[Illustration: THE INHABITANT.]
WHAT DUMB CRITTERS SAYS
The cat-bird poorty nigh splits his throat,
Ef nobody’s thar to see.
The cat-bird poorty nigh splits his throat,
But ef I say, “Sing out, green coat,”
Why, “I can’t” and “I
shan’t,” says he.
I ’low’d the crows mout be afeard
Of a man made outen straw.
I ’low’d the crows mout be afeard,
But laws! they warn’t the least bit skeered,
They larfed out, “Haw! haw-haw!”
A long-tail squir’l up in th’ top
Of that air ellum tree,
A long-tail squir’l up in th’ top,
A lis’nin’ to the acorns drop,
Says, “Sh! sh-sh!” at me.
The big-eyed owl a-settin’ on a limb
With nary a wink nur nod,
The big-eyed owl a-settin’ on a limb,
Is a-singin’ a sort of a solemn hymn
Of “Hoo! hoo-ah!” at God.
Albert could not resist a temptation to smile at this last line.

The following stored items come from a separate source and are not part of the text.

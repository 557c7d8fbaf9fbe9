-- ===== src/Workflow/Register.antt =====
-- `_validate_parallel` and `validate_workflow_definition` of era/workflows/definition.py.
pub mod Secrets
mod Tests
use era_ai.Prelude.{
  ℕ, ◌+◌, String, Bool, true, false, not, ◌&&◌, ◌||◌, Option, none, some, List, [], ◌∷◌, ◌++◌, Dict,
  lookup, elem, any, length, ltb, str_eq, is_some, if◌then◌else◌,
}
use era_ai.Prelude.Int.{ℤ, pos, negsuc}
use era_ai.Prelude.Text.{text_length, decimal, strip}
use era_ai.Prelude.Results.{Result, ok, err, ◌>>=◌, ◌>>◌, refuse_if}
use era_ai.Value.{
  Value, null, bool, int, float, str, obj, arr, Fields, end, field, Items, nil, cons, get_field,
}
use era_ai.Permission.Catalog.{ActionSpec, ActionCatalog, get_spec}
use era_ai.Security.Params.{validate_params, int_chars}
use era_ai.Security.Schema.{validate_param_schema}
use era_ai.Vault.Reference.{parse_vault_ref}
use era_ai.Workflow.Definition.{
  DefinitionError, too_many_steps, too_many_characters, duplicate_step, unknown_action,
  not_a_workflow_action, password_without_reference, fill_without_target, bad_value_reference,
  text_and_reference, target_and_reference, schema_refused, in_two_blocks, unknown_block_dependency,
  unknown_block_step, sibling_dependency, sibling_condition, WorkflowTarget, WorkflowCondition,
  WorkflowParallelBlock, WorkflowStep, WorkflowDefinition, allowed_step_actions,
}
use era_ai.Workflow.Dag.{ids_of, validate_dag}
use era_ai.Workflow.Render.{lax, placeholder_at, render_workflow_params}
use era_ai.Workflow.Receipt.{set_field}

-- `_SYNTHETIC_REF`
abbrev synthetic_ref : String
synthetic_ref = "er_wwwwwwwwwwwwwwwwwwwwwwwwwwwwwwwwwwwwwwww"

-- `step_to_block` with the steps of a block
put_steps :
    WorkflowParallelBlock
    → List String
    → Dict WorkflowParallelBlock
    → Result DefinitionError (Dict WorkflowParallelBlock)
unfolding lookup
put_steps b [] d = ok d
put_steps b (s ∷ ss) d =
    refuse_if (is_some (lookup s d)) in_two_blocks >> put_steps b ss (d ++ (s, b) ∷ [])

step_to_block :
    List String
    → List WorkflowParallelBlock
    → Dict WorkflowParallelBlock
    → Result DefinitionError (Dict WorkflowParallelBlock)
unfolding put_steps
step_to_block ids [] d = ok d
step_to_block ids (b ∷ bs) d = do
  e ← put_steps b b.steps d
  refuse_if (any (λ dep. not (elem dep ids)) b.depends_on) unknown_block_dependency
  step_to_block ids bs e

find_step : String → List WorkflowStep → Option WorkflowStep
find_step id [] = none
find_step id (s ∷ ss) = let rest = find_step id ss in if str_eq s.id id then some s else rest

is_sibling : Option WorkflowCondition → List String → Bool
is_sibling none steps = false
is_sibling (some c) steps = elim c.step_id [ none ↦ false | some id ↦ elem id steps ]

check_member : Option WorkflowStep → WorkflowParallelBlock → Result DefinitionError (Unit {0})
unfolding is_sibling
check_member none b = err unknown_block_step
check_member (some s) b = do
  refuse_if (any (λ dep. elem dep b.steps) (s.depends_on ++ b.depends_on)) sibling_dependency
  refuse_if (is_sibling s.condition b.steps) sibling_condition

check_members : List WorkflowStep → Dict WorkflowParallelBlock → Result DefinitionError (Unit {0})
unfolding find_step check_member
check_members steps [] = ok tt
check_members steps ((sid, b) ∷ rest) =
    check_member (find_step sid steps) b >> check_members steps rest

-- `_validate_parallel`; a step that is missing raises KeyError.
unfoldable pub validate_parallel : WorkflowDefinition → Result DefinitionError (Unit {0})
unfolding step_to_block check_members
validate_parallel d =
    step_to_block (ids_of d.steps) d.parallel [] >>= λ blocks. check_members d.steps blocks

-- `_is_vault_or_placeholder`
unfoldable pub is_vault_or_placeholder : Value → Bool
unfolding strip parse_vault_ref placeholder_at
is_vault_or_placeholder (str ref) =
    not (str_eq (strip ref) "")
    && (is_some (parse_vault_ref ref)
        || elim (placeholder_at (strip ref)) [ none ↦ false | some p ↦ str_eq p.1 "" ])
is_vault_or_placeholder other = false

abbrev pub is_password : Option WorkflowTarget → Bool
is_password none = false
is_password (some t) = elim t.input_type [ none ↦ false | some i ↦ str_eq i "password" ]

abbrev pub is_absent : {A : Type 0} → Option A → Bool
is_absent none = true
is_absent (some a) = false

unfoldable pub check_reference : Option Value → Bool → Result DefinitionError (Unit {0})
unfolding is_vault_or_placeholder
check_reference none has_text = ok tt
check_reference (some ref) has_text = do
  refuse_if (not (is_vault_or_placeholder ref)) bad_value_reference
  refuse_if has_text text_and_reference

-- The rules for a `browser.fill`
unfoldable pub check_fill : WorkflowStep → Result DefinitionError (Unit {0})
unfolding get_field check_reference
check_fill s =
    let ref = get_field "value_ref" s.params in
    do
      refuse_if (is_password s.target && is_absent ref) password_without_reference
      refuse_if (is_absent s.target && is_absent ref) fill_without_target
      check_reference ref (is_some (get_field "text" s.params))

-- `_inject_target`
unfoldable pub inject_target : WorkflowStep → Fields → Result DefinitionError Fields
unfolding get_field set_field
inject_target s rendered =
    if is_absent s.target
    then ok rendered
    else (refuse_if
          (is_some (get_field "element_ref" rendered) || is_some (get_field "selector" rendered))
          target_and_reference
        >> ok (set_field "element_ref" (str synthetic_ref) rendered))

-- `float_chars` is the length of a float's `str`, and `text_of` stands for `str` of a number.
module _ (float_chars : ℤ → ℕ → ℕ) (text_of : Value → String) where
  mutual
    unfolding int_chars

    -- `_approx_chars`
    approx_chars : Value → ℕ
    approx_chars null = 4
    approx_chars (bool b) = if b then 4 else 5
    approx_chars (int n) = int_chars n
    approx_chars (float m e) = float_chars m e
    approx_chars (str s) = text_length s
    approx_chars (obj fs) = approx_fields fs
    approx_chars (arr xs) = approx_items xs

    approx_fields : Fields → ℕ
    approx_fields end = 0
    approx_fields (field k v fs) = approx_chars v + approx_fields fs

    approx_items : Items → ℕ
    approx_items nil = 0
    approx_items (cons x xs) = approx_chars x + approx_items xs

  -- `_char_budget`
  unfoldable pub char_budget : List WorkflowStep → ℕ
  unfolding approx_fields
  char_budget [] = 0
  char_budget (s ∷ ss) = approx_fields s.params + char_budget ss

  as_refused : {A : Type 0} → Result String A → Result DefinitionError A
  as_refused (ok a) = ok a
  as_refused (err message) = err schema_refused

  -- The rendered params against the bounds and the schema of the action
  check_schema_of : Option Fields → Fields → Result DefinitionError (Unit {0})
  unfolding validate_params validate_param_schema as_refused
  check_schema_of schema effective = do
    as_refused (validate_params float_chars effective none none)
    as_refused (validate_param_schema effective schema)
    ok tt

  unfoldable pub check_step : Option ActionSpec → WorkflowStep → Result DefinitionError (Unit {0})
  unfolding check_fill inject_target render_workflow_params check_schema_of
  check_step none s = err unknown_action
  check_step (some spec) s = do
    refuse_if (not (elem s.action allowed_step_actions)) not_a_workflow_action
    (if str_eq s.action "browser.fill" then check_fill s else ok tt)
    rendered ← render_workflow_params text_of lax s
    effective ← inject_target s rendered
    check_schema_of spec.param_schema effective

  unfoldable pub check_steps :
      ActionCatalog → List String → List WorkflowStep → Result DefinitionError (Unit {0})
  unfolding get_spec check_step
  check_steps catalog seen [] = ok tt
  check_steps catalog seen (s ∷ ss) = do
    refuse_if (elem s.id seen) duplicate_step
    check_step (get_spec catalog s.action) s
    check_steps catalog (s.id ∷ seen) ss

  -- `validate_workflow_definition`
  unfoldable pub validate_workflow_definition :
      WorkflowDefinition → ActionCatalog → ℕ → ℕ → Result DefinitionError WorkflowDefinition
  unfolding char_budget check_steps validate_dag validate_parallel
  validate_workflow_definition d catalog max_steps max_param_chars = do
    refuse_if (ltb max_steps (length d.steps)) too_many_steps
    refuse_if (ltb max_param_chars (char_budget d.steps)) too_many_characters
    check_steps catalog [] d.steps
    validate_dag d
    validate_parallel d
    ok d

“I know, stranger. You think a owl can’t sing to God. But I’d like to know why! Ef a mockin’-bird kin sing God’s praises a-singin’ trible, and so on through all the parts—you see I larnt the squar notes oncet at a singin’—why, I don’t see to save me why the bass of the owl a’n’t jest as good praisin’ ef ‘ta’n’t quite sech fine singin’. Do you, now? An’ I kinder had a feller-feelin’ fer the owl. I says to him,’ Well, ole feller, you and me is jist alike in one thing. Our notes a’n’t appreciated by the public.’ But maybe God thinks about as much of the real ginowine hootin’ of a owl as he does of the highfalugeon whistlin’ of a mockin’-bird all stole from somebody else. An’ ef my varses is kinder humbly to hear, anyway they a’n’t made like other folkses; they’re all of ’em outen my head—sech as it is.”
“You certainly have struck an original vein,” said Albert, who had a passion for nature in the rough. “I wish you would read some of your verses to my sister.”
“Couldn’ do it,” said the poet; “at least, I don’t believe I could. My voice wouldn’ hold up. Laid awake all las’ night tryin’ to make some varses about her. But sakes, stranger, I couldn’ git two lines strung together. You mout as well try to put sunshine inter a gallon-jug, you know, as to write about that lovely creetur. An’ I can’t make poetry in nothin’ ‘ceppin’ in our country talk; but laws! it seems sech a rough thing to use to say anything about a heavenly angel in. Seemed like as ef I was makin’ a nosegay fer her, and hadn’t no poseys but jimson-weeds, hollyhocks, and big yaller sunflowers. I wished I could ‘a’ made real dictionary poetry like Casabianca and Hail Columby. But I didn’ know enough about the words. I never got nary wink of sleep a-thinkin’ about her, and a-wishin’ my house was finer and my clo’es purtier and my hair shorter, and I was a eddicated gentleman. Never wished that air afore.”
Katy woke up a little dull and quite hungry, but not sick, and she good-naturedly set herself to work to show her gratitude to the Inhabitant by helping, him to get breakfast, at which he declared that he was never so flustrated in all his born days. Never.